Plain text human-readable formats like BibLaTeX and CSL JSON enable interoperability with external tools and support easy inspection, editing, import and export.
Text editor integration
editor: Any program with access to terminal; any terminal-accessible editor
purpose: provide fast, accurate citation workflow
Integration with text editor is achieved through external command hooks and CLI tools, allowing users to search, insert, and navigate citations directly within the terminal, or via the editor.
Custom command-line tools enable querying of metadata, while editor integrates via external command hooks and keybindings for @citekey lookup and insertion. This makes the database directly usable during writing and eliminates context switching between tools.

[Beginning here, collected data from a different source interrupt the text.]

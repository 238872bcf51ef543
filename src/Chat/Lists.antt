-- ===== src/Chat/Lists.antt =====
-- Lists of messages in which no id stands twice, and the list operations of chatStore.ts on them.
use mathlib.Core.List.{reverse-cons}
use dfchat.Common.{
  ℕ, zero, suc, String, ◌≡◌, refl, ◌∙◌, Bool, true, false, ◌||◌, some, List, [], ◌∷◌, ◌++◌, map,
  reverse, drop, arith, ◌==◌, eq_iff, find_index, get_elem?, any, keep, set, Bool-cases,
  Option-cases, ◌⊎◌, inl, inr,
}
use dfchat.Types.{ChatMessage}
use dfchat.Chat.Messages.{is_id, has_id, unseen, insert_by_seq, sort_by_seq, write_at_id}
use dfchat.Chat.{Client, set_conv, cache_messages}

abbrev pub IsUnique : List ChatMessage → Type 0
IsUnique [] = Unit {0}
IsUnique (m ∷ ms) = (has_id m.id ms ≡ false) × IsUnique ms

pub has_id-append :
    (id : String) (xs ys : List ChatMessage) → has_id id (xs ++ ys) ≡ (has_id id xs || has_id id ys)
has_id-append id [] ys = refl
has_id-append id (x ∷ xs) ys = ground (arith, has_id-append id xs ys)

-- No message of the second list has the id of one of the first.
abbrev pub IsApart : List ChatMessage → List ChatMessage → Type 0
IsApart [] ys = Unit {0}
IsApart (x ∷ xs) ys = (has_id x.id ys ≡ false) × IsApart xs ys

pub IsUnique-append :
    (xs ys : List ChatMessage) → IsUnique xs → IsUnique ys → IsApart xs ys → IsUnique (xs ++ ys)
IsUnique-append [] ys u v a = v
IsUnique-append (x ∷ xs) ys (h, u) v (k, a) =
    (ground (arith, has_id-append x.id xs ys), IsUnique-append xs ys u v a)

IsApart-singleton :
    (xs : List ChatMessage) (m : ChatMessage) → has_id m.id xs ≡ false → IsApart xs (m ∷ [])
IsApart-singleton [] m h = tt
IsApart-singleton (x ∷ xs) m h =
    (ground (arith, eq_iff m.id x.id, eq_iff x.id m.id), IsApart-singleton xs m (ground arith))

pub IsUnique-snoc :
    (xs : List ChatMessage) (m : ChatMessage)
    → IsUnique xs
    → has_id m.id xs ≡ false
    → IsUnique (xs ++ m ∷ [])
IsUnique-snoc xs m u h = IsUnique-append xs (m ∷ []) u (refl, tt) (IsApart-singleton xs m h)

has_id-reverse : (id : String) (xs : List ChatMessage) → has_id id (reverse xs) ≡ has_id id xs
has_id-reverse id [] = refl
has_id-reverse id (x ∷ xs) =
    rw (reverse-cons x xs)
      (ground (arith, has_id-append id (reverse xs) (x ∷ []), has_id-reverse id xs))

pub IsUnique-reverse : (xs : List ChatMessage) → IsUnique xs → IsUnique (reverse xs)
IsUnique-reverse [] u = tt
IsUnique-reverse (x ∷ xs) (h, u) =
    rw (reverse-cons x xs)
      (IsUnique-snoc (reverse xs) x (IsUnique-reverse xs u) (has_id-reverse x.id xs ∙ h))

pub has_id-insert_by_seq :
    (id : String) (m : ChatMessage) (xs : List ChatMessage)
    → has_id id (insert_by_seq m xs) ≡ (is_id id m || has_id id xs)
unfolding insert_by_seq
has_id-insert_by_seq id m [] = refl
has_id-insert_by_seq id m (x ∷ xs) = ground (arith, has_id-insert_by_seq id m xs)

pub has_id-sort_by_seq :
    (id : String) (xs : List ChatMessage) → has_id id (sort_by_seq xs) ≡ has_id id xs
unfolding sort_by_seq
has_id-sort_by_seq id [] = refl
has_id-sort_by_seq id (x ∷ xs) =
    ground (arith, has_id-insert_by_seq id x (sort_by_seq xs), has_id-sort_by_seq id xs)

insert_by_seq-IsUnique :
    (m : ChatMessage) (xs : List ChatMessage)
    → has_id m.id xs ≡ false
    → IsUnique xs
    → IsUnique (insert_by_seq m xs)
unfolding insert_by_seq
insert_by_seq-IsUnique m [] h u = (refl, tt)
insert_by_seq-IsUnique m (x ∷ xs) h (k, u) = ground (
  arith,
  eq_iff m.id x.id,
  eq_iff x.id m.id,
  has_id-insert_by_seq x.id m xs,
  insert_by_seq-IsUnique m xs,
)

pub sort_by_seq-IsUnique : (xs : List ChatMessage) → IsUnique xs → IsUnique (sort_by_seq xs)
unfolding sort_by_seq
sort_by_seq-IsUnique [] u = tt
sort_by_seq-IsUnique (x ∷ xs) (h, u) =
    insert_by_seq-IsUnique x (sort_by_seq xs) (has_id-sort_by_seq x.id xs ∙ h)
      (sort_by_seq-IsUnique xs u)

abbrev pub is_among : String → List String → Bool
is_among id seen = any (λ i. i == id) seen

has_id-unseen :
    (id : String) (seen : List String) (ms : List ChatMessage)
    → is_among id seen ≡ true
    → has_id id (unseen seen ms) ≡ false
unfolding unseen
has_id-unseen id seen [] h = refl
has_id-unseen id seen (m ∷ ms) h =
    ground (arith, eq_iff m.id id, has_id-unseen id seen ms, has_id-unseen id (m.id ∷ seen) ms)

pub unseen-IsUnique : (seen : List String) (ms : List ChatMessage) → IsUnique (unseen seen ms)
unfolding unseen
unseen-IsUnique seen [] = tt
unseen-IsUnique seen (m ∷ ms) = ground (
  arith,
  eq_iff m.id m.id,
  has_id-unseen m.id (m.id ∷ seen) ms,
  unseen-IsUnique seen ms,
  unseen-IsUnique (m.id ∷ seen) ms,
)

pub is_among-map :
    (id : String) (xs : List ChatMessage) → is_among id (map (λ m. m.id) xs) ≡ has_id id xs
is_among-map id [] = refl
is_among-map id (x ∷ xs) = ground (arith, is_among-map id xs)

unseen-IsApart :
    (done xs ms : List ChatMessage)
    → ((m : ChatMessage) → has_id m.id xs ≡ true → has_id m.id done ≡ true)
    → IsApart xs (unseen (map (λ m. m.id) done) ms)
unseen-IsApart done [] ms h = tt
unseen-IsApart done (x ∷ xs) ms h = (
  has_id-unseen x.id (map (λ m. m.id) done) ms
      (is_among-map x.id done ∙ h x (ground (arith, eq_iff x.id x.id))),
  unseen-IsApart done xs ms (λ m k. h m (ground (arith, k))),
)

-- A list without repetitions has none with what a merge appends to it, whatever comes in.
pub appended-IsUnique :
    (xs ms : List ChatMessage) → IsUnique xs → IsUnique (xs ++ unseen (map (λ m. m.id) xs) ms)
appended-IsUnique xs ms u =
    let new = unseen (map (λ m. m.id) xs) ms in
    IsUnique-append xs new u (unseen-IsUnique (map (λ m. m.id) xs) ms)
      (unseen-IsApart xs xs ms (λ m h. h))

pub merged-IsUnique :
    (xs ms : List ChatMessage)
    → IsUnique xs
    → IsUnique (sort_by_seq (xs ++ unseen (map (λ m. m.id) xs) ms))
merged-IsUnique xs ms u =
    sort_by_seq-IsUnique (xs ++ unseen (map (λ m. m.id) xs) ms) (appended-IsUnique xs ms u)

has_id-keep :
    (id : String) (p : ChatMessage → Bool) (xs : List ChatMessage)
    → has_id id xs ≡ false
    → has_id id (keep p xs) ≡ false
has_id-keep id p [] h = refl
has_id-keep id p (x ∷ xs) h = ground (arith, has_id-keep id p xs)

pub keep-IsUnique :
    (p : ChatMessage → Bool) (xs : List ChatMessage) → IsUnique xs → IsUnique (keep p xs)
keep-IsUnique p [] u = tt
keep-IsUnique p (x ∷ xs) (h, u) = elim (Bool-cases (p x)) [
  | inl kept ↦ rw kept (has_id-keep x.id p xs h, keep-IsUnique p xs u)
  | inr out ↦ rw out (keep-IsUnique p xs u)
]

-- `xs[i] = m` with a message of the id that stands there.
has_id-set :
    (id : String) (xs : List ChatMessage) (i : ℕ) (old m : ChatMessage)
    → get_elem? xs i ≡ some old
    → m.id ≡ old.id
    → has_id id (set xs i m) ≡ has_id id xs
has_id-set id [] i old m e same = refl
has_id-set id (x ∷ xs) zero old m e same = ground (arith, same)
has_id-set id (x ∷ xs) (suc i) old m e same = ground (arith, has_id-set id xs i old m e same)

pub set-IsUnique :
    (xs : List ChatMessage) (i : ℕ) (old m : ChatMessage)
    → get_elem? xs i ≡ some old
    → m.id ≡ old.id
    → IsUnique xs
    → IsUnique (set xs i m)
set-IsUnique [] i old m e same u = tt
set-IsUnique (x ∷ xs) zero old m e same (h, u) = (ground (arith, same), u)
set-IsUnique (x ∷ xs) (suc i) old m e same (h, u) =
    (has_id-set x.id xs i old m e same ∙ h, set-IsUnique xs i old m e same u)

-- `findIndex` gives an index at which a message of the id stands.
pub find_index-is_id :
    (id : String) (xs : List ChatMessage) (i : ℕ)
    → find_index (is_id id) xs ≡ some i
    → (old : ChatMessage) × (get_elem? xs i ≡ some old) × (old.id ≡ id)
find_index-is_id id [] i e = cc
find_index-is_id id (x ∷ xs) zero e = (x, refl, ground (arith, eq_iff x.id id))
find_index-is_id id (x ∷ xs) (suc i) e = find_index-is_id id xs i (ground arith)

-- An update at an id leaves the client alone, or stores the list with one entry of the id changed.
pub write_at_id_cases :
    (k id : String) (f : ChatMessage → ChatMessage) (xs : List ChatMessage) (c : Client)
    → (write_at_id k id f xs c ≡ c)
      ⊎ ((i : ℕ) × (old : ChatMessage) × (get_elem? xs i ≡ some old)
          × (old.id ≡ id)
          × (write_at_id k id f xs c
              ≡ set_conv k (set xs i (f old)) (cache_messages k (set xs i (f old)) c)))
unfolding write_at_id
write_at_id_cases k id f xs c = elim (Option-cases (find_index (is_id id) xs)) [
  | inl e ↦ inl (rw (e, write_at_id))
  | inr (i, e) ↦
      let (old, at, same) = find_index-is_id id xs i e in
      inr (i, old, at, same, rw (e, at, write_at_id))
]

pub drop-IsUnique : (n : ℕ) (xs : List ChatMessage) → IsUnique xs → IsUnique (drop n xs)
drop-IsUnique zero xs u = u
drop-IsUnique (suc n) [] u = tt
drop-IsUnique (suc n) (x ∷ xs) (h, u) = drop-IsUnique n xs u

Currently, citation tools are often tied to word processing applications like Word, through slow, mouse-heavy GUI workflows like Zotero, Mendeley, and Endnote, where the user must 'click' through options and fill in boxes. They are not designed to integrate well with command line use, and in many cases, they are proprietary, paid applications, whch forces users into a specific workflow, and makes interoperability difficult on purpose.
Citekey
The UUID is the canonical identifier used across the entire system and may be cited directly when desired (e.g. JPXJZUA5JLHBOZCA). Citekeys are optional, human-readable aliases created locally on a per-document basis (e.g. @zhang_2014_environmental_politics). They are only introduced when needed by the author for convenience during writing; authors can search for documents in their local metadata, automatically generate a citekey, and insert it into a document, all through the terminal. Citekeys follow a structured pattern (e.g., author_year_keyword) and are generated with awareness of the existing bibliography. When a potential naming conflict is detected, the keyword is adjusted (next keyword in list) to ensure uniqueness within the local collection. Note that citekeys are designed to be local to a manuscript only; they are a convenience for the aurhor; the UUID remains the canonical identifier. This approach preserves global uniqueness and stability via UUIDs, while allowing flexible, readable references. This is especially beneficial where authors write in a plain-text format such as markdown, Typst, etc.